Is it illegal to bowfish for ling in the gulf


----------



## 007

rtoler said:


> Is it illegal to bowfish for ling in the gulf


If you do, be sure to video tape it so we can send it in to America's funniest home videos.


----------



## michaelbaranowski

Yes, it is within State waters (9 miles). I can't find anything that make it legal or illegal in federal waters.


----------



## rtoler

Thanks, I will tell you how it turns out.......


----------



## ATE_UP_FISHERMAN

Legal only if the bow is underwater too. LOL


----------



## Chase This!

ling + bow = baked ling for dinner (yum)


----------



## rtoler

You hit it on the head ChaseThis! It is one of my favorite fish to eat.


----------



## Fishin' Soldier

You can bowfish them outside of 9 miles. Inside of state water only non game fish. Chum up some nice ling and have fun. I have shot some nice sheepshead off the legs of the bobhall pier. That will be fun. Make sure you have a detachable float that is pretty large. He will be smoking some line when you shoot him.


----------



## bostonwhaler

try to get away from a rig...bouy ling would be easier...and dodo's are real easy


----------



## callsignsleepy

ling + bow = most hilarious video ever...lol 

but good luck...really. make sure it's dead before bringing it into the boat....or you might end up with a broken steering cable or fuel line. lol


----------



## johnmyjohn

What happens when you catch a limit of snapper in state waters and you go into federal waters with them in your ice chest when the snapper season is closed and you get checked? What will happen when the warden in state waters asks you what is that hole in the side of the ling? Be careful on your answer or know that you cann't drag fish across waters where they're not legal on both sides. The law is perfectly clear " You are guilty til you prove yourself inoccent"


----------



## Slime Time

The hunting show Relentless pursuit did a show on Bowfishing offshore(South Texas) that I seen on the outdoor channel a few months back. The shot everything that came to the boat.
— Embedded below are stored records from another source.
-- ===== src/Paging/Spaces.antt =====
-- Address spaces: their making and end, the kernel's mappings, and the start of paging.
use sifar_os.Common.{
  ℕ, zero, suc, ◌+◌, ◌-◌, ◌*◌, ◌/◌, ◌%◌, ◌^◌, Bool, true, false, ◌&&◌, not, Option, none, some,
  if◌then◌else◌, ltb, ◌==◌, min,
}
use sifar_os.Pmm.{Pmm, alloc_frame, free_frame}
use sifar_os.Paging.Tables.{
  Vm, page_size, user_min, is_present, frame_of, wipe, store, table_for, map_in, unmap_in,
  translate_in, is_kernel_pde, align_down,
}

-- The loop of `vmm_space_create` over the entries: kernel entries are copied, the rest stay 0.
abbrev pub shared_dir : (ℕ → ℕ → ℕ) → ℕ → ℕ → ℕ → ℕ → ℕ
shared_dir mem kernel pd f i =
    if f == pd && (ltb i 1024 && is_kernel_pde i) then mem kernel i else wipe mem pd f i

abbrev pub new_space : Vm → ℕ → ℕ × Pmm → Option ℕ × Vm
new_space m kernel (addr, pmm) = if addr == 0 then (none, record m { pmm = pmm }) else (
  some (frame_of addr),
  record m { pmm = pmm; frames = shared_dir m.frames kernel (frame_of addr) },
)

-- `vmm_space_create`: the frame of the directory; `none` is -1.
unfoldable pub space_create : Vm → ℕ → Option ℕ × Vm
space_create m kernel = new_space m kernel (alloc_frame m.pmm)

-- `vmm_space_destroy`, the pages of one table: `n` entries left, from `j` on.
unfoldable pub drop_pages : Vm → ℕ → ℕ → ℕ → Vm
drop_pages m t zero j = m
drop_pages m t (suc n) j =
    let entry = m.frames t j in
    let dropped = record m {
      pmm = free_frame m.pmm (align_down entry);
      mapped_pages = m.mapped_pages - 1;
    } in
    drop_pages (if is_present entry then dropped else m) t n (j + 1)

abbrev pub drop_table : Vm → ℕ → ℕ → Vm
drop_table m pd i =
    let entry = m.frames pd i in
    let m' = drop_pages m (frame_of entry) 1024 0 in
    store (record m' { pmm = free_frame m'.pmm (align_down entry) }) pd i 0

-- Its loop over the directory, `n` entries left.
unfoldable pub drop_tables : Vm → ℕ → ℕ → ℕ → Vm
unfolding drop_pages
drop_tables m pd zero i = m
drop_tables m pd (suc n) i =
    drop_tables (if is_present (m.frames pd i) then drop_table m pd i else m) pd n (i + 1)

-- `vmm_space_destroy`
unfoldable pub space_destroy : Vm → ℕ → ℕ → Vm
unfolding drop_tables
space_destroy m kernel pd =
    if pd == kernel
    then m
    else (let m' = drop_tables m pd 576 256 in
        record m' { pmm = free_frame m'.pmm (pd * page_size % 2 ^ 32) })

-- `flags & ~PTE_USER`
abbrev pub kernel_flags : ℕ → ℕ
kernel_flags flags = if flags / 4 % 2 == 1 then flags - 4 else flags

-- `vmm_map`, `vmm_unmap` and `vmm_translate`
unfoldable pub map_kernel : Vm → ℕ → ℕ → ℕ → ℕ → Bool × Vm
map_kernel m kernel virt phys flags = map_in m kernel virt phys (kernel_flags flags)

unfoldable pub unmap_kernel : Vm → ℕ → ℕ → Vm
unmap_kernel m kernel virt = unmap_in m kernel virt

unfoldable pub is_mapped : Vm → ℕ → ℕ → Bool
is_mapped m current virt = not (translate_in m current virt == 0)

-- `reserve_tables`, `n` directory entries left; `none` is its panic.
unfoldable pub reserve_tables : Vm → ℕ → ℕ → ℕ → Option Vm
reserve_tables m kernel zero addr = some m
reserve_tables m kernel (suc n) addr = elim (table_for m kernel addr true false).0 [
  | none ↦ none
  | some t ↦ reserve_tables (table_for m kernel addr true false).1 kernel n (addr + 2 ^ 22)
]

-- The identity map of `paging_init`, `n` pages left; `none` is its panic.
unfoldable pub identity_map : Vm → ℕ → ℕ → ℕ → Option Vm
identity_map m kernel zero addr = some m
identity_map m kernel (suc n) addr = elim (map_in m kernel addr addr 3).0 [
  | false ↦ none
  | true ↦ identity_map (map_in m kernel addr addr 3).1 kernel n (addr + page_size)
]

abbrev pub reserve_windows : ℕ → Option Vm → Option Vm
reserve_windows kernel none = none
reserve_windows kernel (some m) = elim (reserve_tables m kernel 16 0xD0000000) [
  | none ↦ none
  | some m' ↦ reserve_tables m' kernel 16 0xE0000000
]

abbrev pub init_from : Vm → ℕ × Pmm → Option (ℕ × Vm)
init_from m (addr, pmm) =
    if addr == 0
    then none
    else (let kernel = frame_of addr in
        let pages = min m.pmm.total_frames (user_min / page_size) in
        elim (reserve_windows kernel
          (identity_map (record m { pmm = pmm; frames = wipe m.frames kernel }) kernel pages 0)) [
            | none ↦ none
            | some m' ↦ some (kernel, m')
          ])

-- `paging_init`: the kernel's directory; `none` is a panic.
unfoldable pub paging_init : Vm → Option (ℕ × Vm)
unfolding identity_map reserve_tables
paging_init m = init_from m (alloc_frame m.pmm)
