-- ===== src/Paging.antt =====
-- kernel/mm/paging.c: page directories, page tables and address spaces.
-- `frames` is physical memory as the directories and tables see it: the word of an index in the frame
-- of a number. A directory or a table is named by the number of its frame, an entry is its 32 bits,
-- and a frame's address is its number times 4096. What the processor caches (`invlpg`, `cr3`) is left
-- out.
mod Tables
pub mod Frames
pub mod Opening
pub mod Mapping
pub mod Unmapping
pub mod Growing
pub mod Rounds
pub mod Allocating
pub mod Access
pub mod Shared
pub mod Bare
mod Tests
mod Ranges
mod Spaces
pub use Tables.*
pub use Ranges.*
pub use Spaces.*
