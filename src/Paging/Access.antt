-- ===== src/Paging/Access.antt =====
-- `vmm_access_ok_in`: what the check of a user's pointer amounts to.
use sifar_os.Common.{
  ℕ, zero, suc, ◌+◌, ◌-◌, ◌*◌, ◌/◌, ◌%◌, ◌^◌, ◌<◌, ◌≤◌, ◌≡◌, ◌↔◌, refl, sym, ap, subst, Bool, true,
  ◌&&◌, ◌||◌, not, arith, inl, inr, ◌==◌, ltb, leb, Bool-cases, ◌∙◌, max,
}
use sifar_os.Paging.Tables.{
  Vm, page_size, user_min, user_max, dir_index, table_index, is_present, is_user, is_write,
  frame_of, align_down,
}
use sifar_os.Paging.Ranges.{page_ok, pages_ok, page_count, access_ok_in}

-- Every table of the space is entered as writable, as `table_for` enters it.
unfoldable pub WritableTables : Vm → ℕ → Type 0
WritableTables m pd =
    (i : ℕ) → i < 1024 → is_present (m.frames pd i) ≡ true → is_write (m.frames pd i) ≡ true

-- What the processor asks of a user's access to the byte at `v`, which is to lie in the user's half:
-- the entries of both levels are present and open to the user, and for a write both are writable.
unfoldable pub user_byte : Vm → ℕ → ℕ → Bool → Bool
user_byte m pd v write =
    let pde = m.frames pd (dir_index v) in
    let pte = m.frames (frame_of pde) (table_index v) in
    (leb user_min v && ltb v user_max)
    && ((is_present pde && is_present pte)
        && ((is_user pde && is_user pte) && (not write || (is_write pde && is_write pte))))

byte_page :
    (m : Vm) (pd v page : ℕ) (write : Bool)
    → v / 4096 ≡ page / 4096
    → page_ok m pd v write ≡ page_ok m pd page write
unfolding page_ok
byte_page m pd v page write e =
    let d : dir_index v ≡ dir_index page = omega arith in
    let t : table_index v ≡ table_index page = omega arith in
    ap (λ x. at x (table_index v)) d ∙ ap (at (dir_index page)) t
  where
    at : ℕ → ℕ → Bool
    at i j =
        let pde = m.frames pd i in
        let pte = m.frames (frame_of pde) j in
        (is_present pde && is_user pde)
        && ((is_present pte && is_user pte) && not (write && not (is_write pte)))

user_byte_page :
    (m : Vm) (pd v : ℕ) (write : Bool)
    → WritableTables m pd
    → v < 2 ^ 32
    → user_byte m pd v write ≡ ((leb user_min v && ltb v user_max) && page_ok m pd v write)
unfolding user_byte page_ok WritableTables
user_byte_page m pd v write w h = ground (arith, w (dir_index v) (omega arith))

-- The loop checks each of its pages.
pages_ok_all :
    (n : ℕ) (m : Vm) (pd page v : ℕ) (write : Bool)
    → page % 4096 ≡ 0
    → pages_ok m pd n page write ≡ true
    → page ≤ v
    → v < page + n * 4096
    → page_ok m pd v write ≡ true
unfolding pages_ok
pages_ok_all zero m pd page v write a h l k = absurd (omega arith)
pages_ok_all (suc n) m pd page v write a h l k = elim (Bool-cases (v / 4096 == page / 4096)) [
  | inl same ↦ byte_page m pd v page write (ground arith) ∙ ground arith
  | inr other ↦
      pages_ok_all n m pd (page + 4096) v write (omega arith) (ground arith) (ground arith)
        (omega arith)
]

pages_ok_if :
    (n : ℕ) (m : Vm) (pd page : ℕ) (write : Bool)
    → page + n * 4096 ≤ 2 ^ 32 - 4096
    → ((i : ℕ) → i < n → page_ok m pd (page + i * 4096) write ≡ true)
    → pages_ok m pd n page write ≡ true
unfolding pages_ok
pages_ok_if zero m pd page write b f = refl
pages_ok_if (suc n) m pd page write b f = ground (
  arith,
  f 0 (omega arith),
  pages_ok_if n m pd (page + 4096) write (omega arith)
      (λ i k. subst (λ x. page_ok m pd x write ≡ true) (omega arith) (f (suc i) (omega arith))),
)

granted :
    (m : Vm) (pd start size : ℕ) (write : Bool) (v : ℕ)
    → WritableTables m pd
    → access_ok_in m pd start size write ≡ true
    → start ≤ v
    → v < start + size
    → user_byte m pd v write ≡ true
unfolding access_ok_in
granted m pd start size write v w e l k =
    let n : ℕ = page_count (align_down start) (start + size) in
    let p : page_ok m pd v write ≡ true =
      pages_ok_all n m pd (align_down start) v write (omega arith) (ground arith) (omega arith)
        (omega arith) in
    user_byte_page m pd v write w (ground arith) ∙ ground (arith, p)

none_ok :
    (m : Vm) (pd start size : ℕ) (write : Bool)
    → size ≡ 0
    → access_ok_in m pd start size write ≡ true
unfolding access_ok_in
none_ok m pd start size write e = ground arith

in_user_half :
    (m : Vm) (pd v : ℕ) (write : Bool)
    → user_byte m pd v write ≡ true
    → (user_min ≤ v) × (v < user_max)
unfolding user_byte
in_user_half m pd v write e = (ground arith, ground arith)

grants :
    (m : Vm) (pd start size : ℕ) (write : Bool)
    → WritableTables m pd
    → 0 < size
    → ((v : ℕ) → start ≤ v → v < start + size → user_byte m pd v write ≡ true)
    → access_ok_in m pd start size write ≡ true
unfolding access_ok_in
grants m pd start size write w p f =
    let first = in_half start (f start (omega arith) (omega arith)) in
    let last = in_half (start + size - 1) (f (start + size - 1) (omega arith) (omega arith)) in
    let pages =
      pages_ok_if (page_count (align_down start) (start + size)) m pd (align_down start) write
        (omega (arith, last)) (λ i k. checked i k) in
    ground (arith, first, last, pages)
  where
    in_half : (v : ℕ) → user_byte m pd v write ≡ true → (user_min ≤ v) × (v < user_max)
    in_half v e = in_user_half m pd v write e

    checked :
        (i : ℕ)
        → i < page_count (align_down start) (start + size)
        → page_ok m pd (align_down start + i * page_size) write ≡ true
    checked i k =
        let v : ℕ = max start (align_down start + i * page_size) in
        let e : page_ok m pd v write ≡ true =
          (let u = f v (omega arith) (omega arith) in
            ground (arith, user_byte_page m pd v write w (omega (arith, in_half v u)), u)) in
        sym (byte_page m pd v (align_down start + i * page_size) write (omega arith)) ∙ e

-- On a space whose tables are all entered as writable, `vmm_access_ok_in` says yes exactly if every
-- byte of the range lies in the half of the user and is one that the processor lets the user read,
-- and write where `write` asks for that: both levels are present and open to the user, and for a write
-- both are writable.
pub access_ok_in-user_byte :
    (m : Vm) (pd start size : ℕ) (write : Bool)
    → WritableTables m pd
    → (access_ok_in m pd start size write ≡ true)
      ↔ ((v : ℕ) → start ≤ v → v < start + size → user_byte m pd v write ≡ true)
access_ok_in-user_byte m pd start size write w = (
  λ e v l k. granted m pd start size write v w e l k,
  λ f. elim (Bool-cases (size == 0)) [
    | inl none_asked ↦ none_ok m pd start size write (ground arith)
    | inr some_asked ↦ grants m pd start size write w (ground arith) f
  ],
)
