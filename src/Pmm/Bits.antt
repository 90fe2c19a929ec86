-- ===== src/Pmm/Bits.antt =====
-- Counting the set bits of the frame bitmap, and what one write does to the count.
use sifar_os.Common.{
  ℕ, zero, suc, ◌+◌, ◌<◌, ◌≤◌, ◌≡◌, refl, ap, Bool, true, false, List, [], ◌∷◌, arith, get_or, set,
  length, replicate, if◌then◌else◌, ◌==◌,
}

-- How many of the first `n` bits are set.
unfoldable pub count_set : ℕ → List Bool → ℕ
count_set zero xs = 0
count_set (suc n) [] = 0
count_set (suc n) (x ∷ xs) = (if x then 1 else 0) + count_set n xs

pub count_set-le : (n : ℕ) (xs : List Bool) → count_set n xs ≤ n
unfolding count_set
count_set-le zero xs = omega arith
count_set-le (suc n) [] = omega arith
count_set-le (suc n) (x ∷ xs) = ground (arith, count_set-le n xs)

pub count_set-set-true :
    (n i : ℕ) (xs : List Bool)
    → i < n
    → i < length xs
    → get_or xs i true ≡ false
    → count_set n (set xs i true) ≡ count_set n xs + 1
unfolding count_set
count_set-set-true zero i xs h l e = absurd (omega arith)
count_set-set-true (suc n) i [] h l e = absurd (omega arith)
count_set-set-true (suc n) zero (x ∷ xs) h l e = ground arith
count_set-set-true (suc n) (suc i) (x ∷ xs) h l e =
    omega (arith, count_set-set-true n i xs (omega arith) (omega arith) e)

pub count_set-set-false :
    (n i : ℕ) (xs : List Bool)
    → i < n
    → i < length xs
    → get_or xs i true ≡ true
    → count_set n (set xs i false) + 1 ≡ count_set n xs
unfolding count_set
count_set-set-false zero i xs h l e = absurd (omega arith)
count_set-set-false (suc n) i [] h l e = absurd (omega arith)
count_set-set-false (suc n) zero (x ∷ xs) h l e = ground arith
count_set-set-false (suc n) (suc i) (x ∷ xs) h l e =
    omega (arith, count_set-set-false n i xs (omega arith) (omega arith) e)

pub count_set-replicate : (n m : ℕ) → n ≤ m → count_set n (replicate m true) ≡ n
unfolding count_set
count_set-replicate zero m h = refl
count_set-replicate (suc n) zero h = absurd (omega arith)
count_set-replicate (suc n) (suc m) h = omega (arith, count_set-replicate n m (omega arith))

pub get_or-set :
    (xs : List Bool) (i j : ℕ) (v : Bool)
    → i < length xs
    → get_or (set xs i v) j true ≡ (if i == j then v else get_or xs j true)
get_or-set [] i j v h = absurd (omega arith)
get_or-set (x ∷ xs) zero zero v h = refl
get_or-set (x ∷ xs) zero (suc j) v h = ground arith
get_or-set (x ∷ xs) (suc i) zero v h = ground arith
get_or-set (x ∷ xs) (suc i) (suc j) v h = ground (arith, get_or-set xs i j v)

pub set-set :
    (xs : List Bool) (i : ℕ) (v : Bool)
    → get_or xs i true ≡ v
    → set (set xs i (if v then false else true)) i v ≡ xs
set-set [] i v h = refl
set-set (x ∷ xs) zero v h = ground arith
set-set (x ∷ xs) (suc i) v h = ap (λ ys. x ∷ ys) (set-set xs i v h)

pub get_or-replicate : (n i : ℕ) → get_or (replicate n true) i true ≡ true
get_or-replicate zero i = refl
get_or-replicate (suc n) zero = refl
get_or-replicate (suc n) (suc i) = get_or-replicate n i

-- A clear bit is within the array.
pub clear-in : (xs : List Bool) (i : ℕ) → get_or xs i true ≡ false → i < length xs
clear-in [] i h = absurd (cc)
clear-in (x ∷ xs) zero h = omega arith
clear-in (x ∷ xs) (suc i) h = omega (arith, clear-in xs i h)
SO im guessing its legal in some aspect?


----------



## Bill Fisher

in Texas, *Ling + Bow = illegal*

*(non-game fish only)*


----------



## gunrunnerbob

better check out with federal laws they told me all you could do was spearfish no bows ... you dont want fine for federal waters. i bought speargun and snorkel and its a blast just attach shaft to 4/0 penn and 100 lb test and let guy in boat reel in


----------



## FISHROADIE

You might not even have to put them in oil, if they dont get that oil well capped.


----------